For fully remote stations — where the radio is at one location and the operator is at another — the Pi can host audio streaming, rig control, rotator control, and monitoring services. Packages like RemoteHams and custom solutions using open-source audio streaming tools make this practical.
The Pi runs several amateur radio logging applications, including CQRLOG and PyQSO. For operators who prefer a lightweight, always-on logging station, a Pi with an attached display provides a dedicated logging terminal that does not tie up a more powerful computer.
The Pi can also run Node-RED, a visual programming environment that is useful for creating custom station dashboards — combining rig control, SWR monitoring, rotator status, and other data streams into a single web-based display.
The Raspberry Pi runs satellite tracking software like Gpredict, which calculates satellite positions and pass times, and can control a rotator to track satellites automatically. For amateur satellite operators, a Pi-based tracking station handles the predictions, Doppler correction, and antenna pointing, freeing the operator to focus on making contacts.
Many Pi-based ham radio projects run "headless" — without a monitor, keyboard, or mouse. The Pi boots automatically, starts its services (iGate, hotspot, gateway, SDR server), and runs unattended. Administration is done remotely over SSH or through a web interface. This makes the Pi suitable for installation at remote sites (repeater locations, club stations, hilltop receivers) where physical access is infrequent.

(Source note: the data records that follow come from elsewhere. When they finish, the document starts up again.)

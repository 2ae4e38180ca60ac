-- ===== src/Decimal/RoundUp.antt =====
-- A context that rounds away from zero to three decimal places, for concrete runs. It shows that the
-- sign laws which the components assume can be met.
use native.Mathlib.Nat.{le-div_iff_mul-le}
use my_team_tradding.Decimal.{Decimal, DecimalContext, IsSignSafe, magnitude}
use my_team_tradding.Prelude.{
  Bool, arith, false, if◌then◌else◌, not, suc, true, zero, ℕ, ◌*◌, ◌+◌, ◌-◌, ◌/◌, ◌<◌,
}
use my_team_tradding.Prelude.Int.{abs_ℤ, negsuc, pos, ◌<ℤ◌, ◌≤ℤ◌}

abbrev signed : Bool → ℕ → Decimal
signed true n = pos n
signed false zero = pos 0
signed false (suc n) = negsuc n

abbrev is_nonneg : Decimal → Bool
is_nonneg (pos n) = true
is_nonneg (negsuc n) = false

abbrev same_sign : Decimal → Decimal → Bool
same_sign a b = if is_nonneg a then is_nonneg b else not (is_nonneg b)

mul_up : Decimal → Decimal → Decimal
mul_up a b = signed (same_sign a b) ((magnitude a * magnitude b + 999) / 1000)

div_up : Decimal → Decimal → Decimal
div_up a b = signed (same_sign a b) ((magnitude a * 1000 + (magnitude b - 1)) / magnitude b)

unfoldable pub round_up : DecimalContext
unfolding mul_up div_up
round_up = record { one = 1000; mul = mul_up; div = div_up; quotient_limit = 1000000 }

product_pos : (m n : ℕ) → 0 < m → 0 < n → 0 < (m * n + 999) / 1000
product_pos m n h k = let positive : 0 < m * n = grind arith in omega arith

quotient_pos : (m n : ℕ) → 0 < m → 0 < n → 0 < (m * 1000 + (n - 1)) / n
quotient_pos m n h k = (le-div_iff_mul-le k).1 (omega arith)

pos_of_magnitude : (n : ℕ) → 0 < n → pos 0 <ℤ pos n
pos_of_magnitude n h = omega arith

round_up-mul_pos : (a b : Decimal) → pos 0 <ℤ a → pos 0 <ℤ b → pos 0 <ℤ mul_up a b
unfolding mul_up abs_ℤ
round_up-mul_pos (pos m) (pos n) h k =
    pos_of_magnitude _ (product_pos m n (omega arith) (omega arith))
round_up-mul_pos (pos m) (negsuc n) h k = absurd (omega arith)
round_up-mul_pos (negsuc m) b h k = absurd (omega arith)

round_up-div_pos : (a b : Decimal) → pos 0 <ℤ a → pos 0 <ℤ b → pos 0 <ℤ div_up a b
unfolding div_up abs_ℤ
round_up-div_pos (pos m) (pos n) h k =
    pos_of_magnitude _ (quotient_pos m n (omega arith) (omega arith))
round_up-div_pos (pos m) (negsuc n) h k = absurd (omega arith)
round_up-div_pos (negsuc m) b h k = absurd (omega arith)

round_up-mul_nonneg : (a b : Decimal) → pos 0 ≤ℤ a → pos 0 ≤ℤ b → pos 0 ≤ℤ mul_up a b
unfolding mul_up abs_ℤ
round_up-mul_nonneg (pos m) (pos n) h k = omega arith
round_up-mul_nonneg (pos m) (negsuc n) h k = absurd (omega arith)
round_up-mul_nonneg (negsuc m) b h k = absurd (omega arith)

round_up-div_nonneg : (a b : Decimal) → pos 0 ≤ℤ a → pos 0 <ℤ b → pos 0 ≤ℤ div_up a b
unfolding div_up abs_ℤ
round_up-div_nonneg (pos m) (pos n) h k = omega arith
round_up-div_nonneg (pos m) (negsuc n) h k = absurd (omega arith)
round_up-div_nonneg (negsuc m) b h k = absurd (omega arith)

pub round_up-IsSignSafe : IsSignSafe round_up
unfolding round_up
round_up-IsSignSafe = record {
  one_pos = omega arith;
  mul_pos = round_up-mul_pos;
  div_pos = round_up-div_pos;
  mul_nonneg = round_up-mul_nonneg;
  div_nonneg = round_up-div_nonneg;
}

For embedded applications, the Pi Zero 2 W is particularly attractive. Its small size, low power consumption (under 1 watt idle), and built-in Wi-Fi make it practical for projects like portable APRS trackers, solar-powered remote sensors, and compact digital hotspots.
If you are new to the Raspberry Pi, the basic setup is straightforward: download the Raspberry Pi Imager tool, write an operating system image to a microSD card, insert it into the Pi, connect power, and boot. For ham radio applications, you can start with the standard Raspberry Pi OS and install amateur radio software as needed, or use a pre-built image like Pi-Star/WPSD (for digital hotspots) that comes ready to use.
The GPIO pins on the Pi can interface with external hardware — keying a transmitter, reading push-to-talk switches, driving LEDs, or communicating with I2C devices. Libraries for Python and C make GPIO programming accessible. For interfacing with radios, USB sound cards and USB-to-serial adapters are the most common connections.
The Raspberry Pi community — both the general community and the amateur radio subset — is enormous and active. Documentation, tutorials, forum posts, and complete project guides are widely available for virtually every ham radio Pi application.
The Raspberry Pi's power consumption varies by model and load, but a Pi 4 typically draws 3–6 watts. This is low enough for battery or solar operation, but it adds up over time in off-grid installations. The Pi Zero 2 W draws under 1 watt, making it much more suitable for solar-powered remote sites. Proper shutdown procedures (or read-only filesystem configurations) are important to prevent SD card corruption from unexpected power loss.